Would love to do that on my iPad but alas, no such luck.

------
zkms
i have been using Apple Maps exclusively for the past year (in Los Angeles and
Denver/Boulder areas) with no issue/problems. Google Maps is cluttered with an
ugly phantasmagoria of adverts and after a while of not needing to use it, i
just deleted it from all my devices. The only feature i find myself wanting
that Google Maps has that Apple Maps lacks is an "offline maps" feature.

------
jwagenet
I want to use Apple Maps more, but they still dont offer cycling directions.
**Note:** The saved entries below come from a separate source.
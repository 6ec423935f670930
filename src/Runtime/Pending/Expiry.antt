-- ===== src/Runtime/Pending/Expiry.antt =====
-- crates/hataori-runtime/src/pending.rs: what `expired` and `drain` hand out and what they leave.
use hataori_rs.Prelude.{
  ℕ, ◌+◌, ◌≡◌, refl, ◌∙◌, Bool, true, false, Option, none, some, List, [], ◌∷◌, ok, arith, leb,
  if◌then◌else◌, ◌==◌, inl, inr, Bool-cases, ap, length,
}
use hataori_rs.Prelude.Assoc.{
  lookup, remove, total, weight, total-remove, Unique, remove-Unique, lookup-remove, contains,
  lookup-none_at, length-total,
}
use hataori_rs.Protocol.Ids.{RequestId}
use hataori_rs.Runtime.Message.{request_key}
use hataori_rs.Runtime.Pending.Invariant.{Inv}
use hataori_rs.Runtime.Pending.{
  PendingEntry, PendingTable, keep, remove_entry, take_all, expired, expired_requests,
}

-- The result of `take_all`, which never fails, and the table that it leaves.
taken : List RequestId → PendingTable → List (RequestId × PendingEntry)
taken [] t = []
taken (request ∷ requests) t =
    keep request (lookup request t.entries)
      (taken requests (record t { entries = remove request t.entries }))

left : List RequestId → PendingTable → PendingTable
left [] t = t
left (request ∷ requests) t = left requests (record t { entries = remove request t.entries })

take_all_lem :
    (requests : List RequestId) (t : PendingTable)
    → take_all requests t ≡ (ok (taken requests t), left requests t)
unfolding take_all remove_entry taken left
take_all_lem [] t = refl
take_all_lem (request ∷ requests) t =
    rw (take_all_lem requests (record t { entries = remove request t.entries })) refl

total-keep :
    (w : PendingEntry → ℕ) (request : RequestId) (o : Option PendingEntry)
    (rest : List (RequestId × PendingEntry))
    → total w (keep request o rest) ≡ weight w o + total w rest
total-keep w request none rest = ground arith
total-keep w request (some entry) rest = ground arith

total-taken :
    (w : PendingEntry → ℕ) (requests : List RequestId) (t : PendingTable)
    → total w (taken requests t) + total w (left requests t).entries ≡ total w t.entries
unfolding taken left
total-taken w [] t = omega arith
total-taken w (request ∷ requests) t =
    let next : PendingTable = record t { entries = remove request t.entries } in
    omega (
      arith,
      total-taken w requests next,
      total-remove w request t.entries,
      total-keep w request (lookup request t.entries) (taken requests next),
    )

-- The entry of a request that is due at a time, and the one that is not.
abbrev pub due : ℕ → Option PendingEntry → Option PendingEntry
due now none = none
due now (some entry) = if leb entry.expires_at now then some entry else none

abbrev pub not_due : ℕ → Option PendingEntry → Option PendingEntry
not_due now none = none
not_due now (some entry) = if leb entry.expires_at now then none else some entry

abbrev is_due : ℕ → Option PendingEntry → Bool
is_due now none = false
is_due now (some entry) = leb entry.expires_at now

contains-expired_requests :
    (now : ℕ) (k : RequestId) (m : List (RequestId × PendingEntry))
    → Unique m
    → contains k (expired_requests now m) ≡ is_due now (lookup k m)
unfolding expired_requests lookup
contains-expired_requests now k [] u = refl
contains-expired_requests now k ((j, entry) ∷ m) u = elim (Bool-cases (j == k)) [
  | inl same ↦
      let gone : lookup k m ≡ none = lookup-none_at j k m same u.0 in
      let rest : contains k (expired_requests now m) ≡ false =
        contains-expired_requests now k m u.1 ∙ rw gone refl in
      elim (Bool-cases (leb entry.expires_at now)) [
        | inl old ↦ rw (same, old, same) refl
        | inr live ↦ rw (same, live) rest
      ]
  | inr other ↦
      let rest = contains-expired_requests now k m u.1 in
      elim (Bool-cases (leb entry.expires_at now)) [
        | inl old ↦ rw (other, old, other) rest
        | inr live ↦ rw (other, live) rest
      ]
]

lookup-left :
    (requests : List RequestId) (k : RequestId) (t : PendingTable)
    → Unique t.entries
    → lookup k (left requests t).entries
      ≡ (if contains k requests then none else lookup k t.entries)
unfolding left
lookup-left [] k t u = refl
lookup-left (j ∷ requests) k t u =
    lookup-left requests k (record t { entries = remove j t.entries }) (remove-Unique j t.entries u)
    ∙ ground (arith, lookup-remove k j t.entries u)

abbrev first_of : Option PendingEntry → Option PendingEntry → Option PendingEntry
first_of none other = other
first_of (some entry) other = some entry

lookup-keep :
    (j k : RequestId) (o : Option PendingEntry) (rest : List (RequestId × PendingEntry))
    → lookup k (keep j o rest) ≡ (if j == k then first_of o (lookup k rest) else lookup k rest)
unfolding lookup
lookup-keep j k none rest = ground arith
lookup-keep j k (some entry) rest = refl

lookup-taken :
    (requests : List RequestId) (k : RequestId) (t : PendingTable)
    → Unique t.entries
    → lookup k (taken requests t) ≡ (if contains k requests then lookup k t.entries else none)
unfolding taken lookup
lookup-taken [] k t u = refl
lookup-taken (j ∷ requests) k t u =
    let rest = taken requests (record t { entries = remove j t.entries }) in
    let step : lookup k rest
        ≡ (if contains k requests then (if j == k then none else lookup k t.entries) else none) =
      lookup-taken requests k (record t { entries = remove j t.entries })
        (remove-Unique j t.entries u)
      ∙ ap (λ o. if contains k requests then o else none) (lookup-remove k j t.entries u) in
    lookup-keep j k (lookup j t.entries) rest ∙ elim (Bool-cases (j == k)) [
      | inl same ↦
          let key : lookup j t.entries ≡ lookup k t.entries =
            ap (λ i. lookup i t.entries) ((request_key.same_iff j k).0 same) in
          let nothing : lookup k rest ≡ none =
            step ∙ rw same (none_either (contains k requests) none refl) in
          rw (same, nothing, key) (first_only (lookup k t.entries))
      | inr other ↦ rw other (step ∙ rw other refl)
    ]
  where
    none_either : (b : Bool) (o : Option PendingEntry) → o ≡ none → (if b then o else none) ≡ none
    none_either true o e = e
    none_either false o e = refl

    first_only : (o : Option PendingEntry) → first_of o none ≡ o
    first_only none = refl
    first_only (some entry) = refl

-- What a table that is asked for the calls due at `now` hands out and leaves of one request.
abbrev pub Split : ℕ → RequestId → PendingTable → Type 0
Split now request t =
    (handed : List (RequestId × PendingEntry)) × ((expired now t).0 ≡ ok handed)
    × (lookup request handed ≡ due now (lookup request t.entries))
    × (lookup request (expired now t).1.entries ≡ not_due now (lookup request t.entries))
    × (length handed + length (expired now t).1.entries ≡ length t.entries)

-- In a table with one entry a request, `expired` never fails, and whatever the request: its entry is
-- handed out, under that request, if its time has come, and is left in the table if not. What is handed
-- out and what is left are together as many as there were, so that no entry is handed out twice.
pub expired-Split : (now : ℕ) (request : RequestId) (t : PendingTable) → Inv t → Split now request t
unfolding expired
expired-Split now request t v =
    let requests = expired_requests now t.entries in
    let which = contains-expired_requests now request t.entries v.unique in
    (
      taken requests t,
      rw (take_all_lem requests t) refl,
      lookup-taken requests request t v.unique ∙ rw which (handed_at (lookup request t.entries)),
      rw (take_all_lem requests t)
          (lookup-left requests request t v.unique ∙ rw which (left_at (lookup request t.entries))),
      rw (take_all_lem requests t) (
          omega (
            arith,
            total-taken (λ _. 1) requests t,
            length-total (taken requests t),
            length-total (left requests t).entries,
            length-total t.entries,
          )),
    )
  where
    handed_at : (o : Option PendingEntry) → (if is_due now o then o else none) ≡ due now o
    handed_at none = refl
    handed_at (some entry) = refl

    left_at : (o : Option PendingEntry) → (if is_due now o then none else o) ≡ not_due now o
    left_at none = refl
    left_at (some entry) = refl
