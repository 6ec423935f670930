-- ===== src/Runtime/Pending/Promises.antt =====
-- crates/hataori-runtime/src/pending.rs: `Promise`. What its mutex guards and the flag `done` are one
-- state that the methods pass along; a waker is named by a number.
use hataori_rs.Prelude.{
  ℕ, Bool, true, false, not, ◌&&◌, Option, none, some, List, [], ◌∷◌, ◌++◌, ◌≡◌, refl,
  if◌then◌else◌,
}

module _ {R : Type 0} where
  abbrev pub is_none : Option R → Bool
  is_none none = true
  is_none (some r) = false

abbrev pub woken : Option ℕ → List ℕ
woken none = []
woken (some waker) = waker ∷ []

pub record Promise (R : Type 0) : Type 0 where
  pub result : Option R
  pub waker : Option ℕ
  pub done : Bool

pub data Call (R : Type 0) : Type 0 where
  completing : R → Call R
  polling : ℕ → Call R

module _ {R : Type 0} where
  unfoldable pub new_promise : Promise R
  new_promise = record { result = none; waker = none; done = false }

  -- The promise after it, and the wakers that it wakes.
  unfoldable pub complete : R → Promise R → Promise R × List ℕ
  complete value p =
      if is_none p.result && not p.done
      then (record { result = some value; waker = none; done = true }, woken p.waker)
      else (p, [])

  -- `none` is `Poll::Pending`.
  unfoldable pub poll : ℕ → Promise R → Option R × Promise R
  poll waker p = elim p.result [
    | some value ↦ (some value, record p { result = none })
    | none ↦ (none, record p { waker = some waker })
  ]

  -- The results that the polls of a sequence of calls give, and the wakers that it wakes.
  abbrev given : Option R → List R × List ℕ → List R × List ℕ
  given none (results, wakers) = (results, wakers)
  given (some value) (results, wakers) = (value ∷ results, wakers)

  unfoldable pub outcome : List (Call R) → Promise R → List R × List ℕ
  unfolding complete poll
  outcome [] p = ([], [])
  outcome (completing value ∷ calls) p =
      let rest = outcome calls (complete value p).0 in (rest.0, (complete value p).1 ++ rest.1)
  outcome (polling waker ∷ calls) p = given (poll waker p).0 (outcome calls (poll waker p).1)

  abbrev has_poll : List (Call R) → Bool
  has_poll [] = false
  has_poll (completing value ∷ calls) = has_poll calls
  has_poll (polling waker ∷ calls) = true

  -- What a sequence of calls should give: the first value completed, to the first poll after it,
  -- and a wake for the last poll before it.
  abbrev pub promised : Option ℕ → List (Call R) → List R × List ℕ
  promised waiting [] = ([], [])
  promised waiting (polling waker ∷ calls) = promised (some waker) calls
  promised waiting (completing value ∷ calls) =
      (if has_poll calls then value ∷ [] else [], woken waiting)

  outcome-spent :
      (calls : List (Call R)) (waker : Option ℕ)
      → outcome calls (record { result = none; waker = waker; done = true }) ≡ ([], [])
  unfolding outcome complete poll
  outcome-spent [] waker = refl
  outcome-spent (completing value ∷ calls) waker = rw (outcome-spent calls waker) refl
  outcome-spent (polling next ∷ calls) waker = rw (outcome-spent calls (some next)) refl

  outcome-ready :
      (calls : List (Call R)) (value : R)
      → outcome calls (record { result = some value; waker = none; done = true })
        ≡ (if has_poll calls then value ∷ [] else [], [])
  unfolding outcome complete poll
  outcome-ready [] value = refl
  outcome-ready (completing other ∷ calls) value = rw (outcome-ready calls value) refl
  outcome-ready (polling next ∷ calls) value = rw (outcome-spent calls none) refl

  outcome-waiting :
      (calls : List (Call R)) (waker : Option ℕ)
      → outcome calls (record { result = none; waker = waker; done = false }) ≡ promised waker calls
  unfolding outcome complete poll
  outcome-waiting [] waker = refl
  outcome-waiting (completing value ∷ calls) none = rw (outcome-ready calls value) refl
  outcome-waiting (completing value ∷ calls) (some waker) = rw (outcome-ready calls value) refl
  outcome-waiting (polling next ∷ calls) waker = rw (outcome-waiting calls (some next)) refl

  -- Whatever calls a new promise gets, in whatever order: the first value completed is given to the
  -- first poll after it and to no other, later values are dropped, and the waker of the last poll
  -- before it, if any, is woken once.
  pub outcome-promised : (calls : List (Call R)) → outcome calls new_promise ≡ promised none calls
  unfolding new_promise
  outcome-promised calls = outcome-waiting calls none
I
used to use Apple Maps exclusively until I needed cycling directions because
of the better lock screen integration and otherwise acceptable results, but I
am still waiting...

------
bdcravens
Google Maps appears to do a better job of mixed mode (for instance, I have to
drive about 15 minutes to get to the Park and Ride to hop on the Houston
Metro; Apple Maps says no route available, whereas Google calculates that
first leg)

------
overcast
As small as it sounds, the collections feature is a big deal for me.
Particularly in my line of work marketing food and drinks.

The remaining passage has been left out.